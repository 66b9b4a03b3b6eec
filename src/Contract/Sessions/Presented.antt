-- ===== src/Contract/Sessions/Presented.antt =====
-- What a session presentation that verifies comes with: call_allowed, parent_binding and
-- verify_presentation of holder_sessions.rs.
use sec_s_magik.Base.{
  ℕ, ◌+◌, ◌≤◌, ◌<◌, ◌≡◌, true, false, List, ok, Eq, list_eq, nat_eq, bne→eq, arith, some, bytes,
  Has, any→Has, ◌==◌, ◌&&◌, &&-true, beq→eq, sym, ◌∙◌, ap, ok_or, ok_or-eq-ok, deny-eq-ok,
  >>=-eq-ok, Result-cases, inl, inr, option_eq,
}
use sec_s_magik.Contract.Claims.{IssuerPin, Grant, Proof, Wire}
use sec_s_magik.Contract.Codec.{Crypto, JsonLibrary, digest, verify, canonical}
use sec_s_magik.Contract.Json.{Json, Fields, object, has_key}
use sec_s_magik.Contract.{invalid_holder_session}
use sec_s_magik.Contract.Version2.{Permission}
use sec_s_magik.Contract.Sessions.{
  Context, Challenge, Credential, SessionWire, presentation_schema, proof_domain, is_out_of_window,
  str_field, count_fields, as_object,
}
use sec_s_magik.Contract.Sessions.Protocol
use sec_s_magik.Contract.Sessions.Windows.{parent_facts, unbound_facts}

window_facts :
    {Value : Type 0} (c : Challenge Value) (issued expires now : ℕ)
    → is_out_of_window c issued expires now ≡ false
    → (c.issued_at ≤ issued)
      × (issued ≤ now)
      × (now < expires)
      × (expires ≤ c.expires_at)
      × (expires ≤ issued + 60)
unfolding is_out_of_window
window_facts c issued expires now h =
    (ground arith, ground arith, ground arith, ground arith, ground arith)

module _ {SigningKey VerifyingKey Value : Type 0} ⦃e : Eq Value⦄
    (crypto : Crypto SigningKey VerifyingKey) (json : JsonLibrary Value)
    (permission_value : Permission Value → Value)
    (permissions_value : List (Permission Value) → Value) (wire : Wire (Permission Value) Value)
    (session_wire : SessionWire Value) where
  -- The call is an object of an operation, a resource and parameters, and one permission of the
  -- session has its operation and its resource.
  pub record IsAllowed (c : Credential Value) (call : Value) : Type 0 where
    pub fields : Fields
    pub is_object : json.view call ≡ object fields
    pub three : count_fields fields ≡ 3
    pub parameters : has_key (bytes "parameters") fields ≡ true
    pub permitted :
        Has
          (λ p.
            (str_field (bytes "operation") fields ≡ some p.operation)
            × (str_field (bytes "resource") fields ≡ some p.resource))
          c.claims.challenge.permissions

  as_object_facts : (j : Json) (fields : Fields) → as_object j ≡ some fields → j ≡ object fields
  as_object_facts j fields h = ground arith

  asked_permission :
      (fields : Fields) (p : Permission Value)
      → (some p.operation == str_field (bytes "operation") fields
          && some p.resource == str_field (bytes "resource") fields)
        ≡ true
      → (str_field (bytes "operation") fields ≡ some p.operation)
        × (str_field (bytes "resource") fields ≡ some p.resource)
  asked_permission fields p h =
      let (same, also) =
        &&-true (some p.operation == str_field (bytes "operation") fields)
          (some p.resource == str_field (bytes "resource") fields) h in
      (
        sym (beq→eq (some p.operation) (str_field (bytes "operation") fields) same),
        sym (beq→eq (some p.resource) (str_field (bytes "resource") fields) also),
      )

  call_allowed-IsAllowed :
      (c : Credential Value) (call : Value) {u : Unit {0}}
      → Protocol.call_allowed crypto json permission_value permissions_value wire session_wire c
          call
        ≡ ok u
      → IsAllowed c call
  unfolding Protocol.call_allowed
  call_allowed-IsAllowed c call h =
      let (read, readable, h1) = >>=-eq-ok (canonical json call) _ h in
      let (fields, found, h2) =
        >>=-eq-ok (ok_or (as_object (json.view call)) invalid_holder_session) _ h1 in
      let passed = deny-eq-ok _ _ h2 in
      record {
        fields = fields;
        is_object = as_object_facts (json.view call) fields (ok_or-eq-ok _ _ found);
        three = ground (arith, passed);
        parameters = ground (arith, passed);
        permitted =
            any→Has
              (λ p.
                some p.operation == str_field (bytes "operation") fields
                && some p.resource == str_field (bytes "resource") fields)
              (asked_permission fields) c.claims.challenge.permissions (ground (arith, passed));
      }

  -- What a session presentation that verifies comes with.
  pub record IsPresented (pin : IssuerPin) (parent : Grant (Permission Value))
      (c : Credential Value) (call : Value) (p : Proof) (now : ℕ) : Type 0 where
    pub allowed : IsAllowed c call
    pub credential_digest : digest crypto json (session_wire.credential c) ≡ ok p.credential_digest
    pub call_digest : digest crypto json call ≡ ok p.call_digest
    pub schema : p.schema ≡ presentation_schema
    pub signed :
        verify crypto json proof_domain
          (Protocol.proof_value crypto json permission_value permissions_value wire session_wire p)
          p.signature
          c.claims.challenge.session_public_key
        ≡ ok tt
    pub parent_grant_id : c.claims.challenge.parent_grant_id ≡ parent.claims.grant_id
    pub parent_digest :
        digest crypto json (wire.grant_value parent) ≡ ok c.claims.challenge.parent_grant_digest
    pub holder : c.claims.challenge.holder_public_key ≡ parent.claims.holder_public_key
    pub begins : c.claims.challenge.issued_at ≤ p.issued_at
    pub issued : p.issued_at ≤ now
    pub lasts : now < p.expires_at
    pub ends : p.expires_at ≤ c.claims.challenge.expires_at
    pub minute : p.expires_at ≤ p.issued_at + 60

  parent_id_facts :
      (pin : IssuerPin) (parent : Grant (Permission Value)) (c : Challenge Value)
      (context : Context) (now : ℕ)
      → Protocol.parent_binding crypto json permission_value permissions_value wire session_wire pin
          parent c context now
        ≡ ok tt
      → (c.parent_grant_id ≡ parent.claims.grant_id)
        × (digest crypto json (wire.grant_value parent) ≡ ok c.parent_grant_digest)
  unfolding Protocol.parent_binding
  parent_id_facts pin parent c context now h =
      elim (Result-cases (digest crypto json (wire.grant_value parent))) [
        | inr (e, refused) ↦ ground (arith, refused, h)
        | inl (d, read) ↦
            let same = bne→eq c.parent_grant_digest d (ground (arith, read, h)) in
            (
              bne→eq c.parent_grant_id parent.claims.grant_id (ground (arith, read, h)),
              read ∙ ap ok (sym same),
            )
      ]

  presented_facts :
      (pin : IssuerPin) (parent : Grant (Permission Value)) (c : Credential Value) (call : Value)
      (p : Proof) (context : Context) (now : ℕ)
      → Protocol.verify_presentation crypto json permission_value permissions_value wire
          session_wire pin parent c call p context now
        ≡ ok tt
      → (Protocol.parent_binding crypto json permission_value permissions_value wire session_wire
            pin parent c.claims.challenge context now
          ≡ ok tt)
        × (Protocol.call_allowed crypto json permission_value permissions_value wire session_wire c
              call
            ≡ ok tt)
        × (is_out_of_window c.claims.challenge p.issued_at p.expires_at now ≡ false)
  unfolding Protocol.verify_presentation Protocol.verify_parent
  presented_facts pin parent c call p context now h = (ground arith, ground arith, ground arith)

  presented_digests :
      (pin : IssuerPin) (parent : Grant (Permission Value)) (c : Credential Value) (call : Value)
      (p : Proof) (context : Context) (now : ℕ)
      → Protocol.verify_presentation crypto json permission_value permissions_value wire
          session_wire pin parent c call p context now
        ≡ ok tt
      → (digest crypto json (session_wire.credential c) ≡ ok p.credential_digest)
        × (digest crypto json call ≡ ok p.call_digest)
        × (p.schema ≡ presentation_schema)
        × (verify crypto json proof_domain
              (Protocol.proof_value crypto json permission_value permissions_value wire session_wire
                p)
              p.signature
              c.claims.challenge.session_public_key
            ≡ ok tt)
  unfolding Protocol.verify_presentation
  presented_digests pin parent c call p context now h =
      elim (Result-cases (digest crypto json (session_wire.credential c))) [
        | inr (e, refused) ↦ ground (arith, refused, h)
        | inl (d1, first) ↦ elim (Result-cases (digest crypto json call)) [
          | inr (e, refused) ↦ ground (arith, first, refused, h)
          | inl (d2, second) ↦
              let same1 = bne→eq p.credential_digest d1 (ground (arith, first, second, h)) in
              let same2 = bne→eq p.call_digest d2 (ground (arith, first, second, h)) in
              (
                first ∙ ap ok (sym same1),
                second ∙ ap ok (sym same2),
                bne→eq p.schema presentation_schema (ground (arith, h)),
                ground (arith, first, second, h),
              )
        ]
      ]

  -- A session presentation that verifies names the digests of its credential and of its call, and is
  -- signed by the key of the session; the call is an object of three fields, with parameters and
  -- with the operation and the resource of one permission of the session; the session is that of
  -- the holder and the digest of the given parent grant; and the presentation lasts at most sixty
  -- seconds, begins within the session and ends with it at the latest.
  pub session_presentation_bound :
      (pin : IssuerPin) (parent : Grant (Permission Value)) (c : Credential Value) (call : Value)
      (p : Proof) (context : Context) (now : ℕ)
      → Protocol.verify_presentation crypto json permission_value permissions_value wire
          session_wire pin parent c call p context now
        ≡ ok tt
      → IsPresented pin parent c call p now
  session_presentation_bound pin parent c call p context now h =
      let (bound, allowed, inside) = presented_facts pin parent c call p context now h in
      let (digest1, digest2, schema, signed) =
        presented_digests pin parent c call p context now h in
      let (same_id, same_digest) =
        parent_id_facts pin parent c.claims.challenge context now bound in
      let (_, _, unbound, _) =
        parent_facts crypto json permission_value permissions_value wire session_wire pin parent
          c.claims.challenge context now bound in
      let (_, _, _, holder) = unbound_facts c.claims.challenge parent.claims unbound in
      let (a, b, d, f, g) = window_facts c.claims.challenge p.issued_at p.expires_at now inside in
      record {
        allowed = call_allowed-IsAllowed c call allowed;
        credential_digest = digest1;
        call_digest = digest2;
        schema = schema;
        signed = signed;
        parent_grant_id = same_id;
        parent_digest = same_digest;
        holder = holder;
        begins = a;
        issued = b;
        lasts = d;
        ends = f;
        minute = g;
      }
* * * *
**ASSIGNED TASK:** Scan the records above for the word "elim". Show each line in which it appears.

**RESPONSE TO THIS TASK:**
      elim (Result-cases (digest crypto json (wire.grant_value parent))) [
      elim (Result-cases (digest crypto json (session_wire.credential c))) [
        | inl (d1, first) ↦ elim (Result-cases (digest crypto json call)) [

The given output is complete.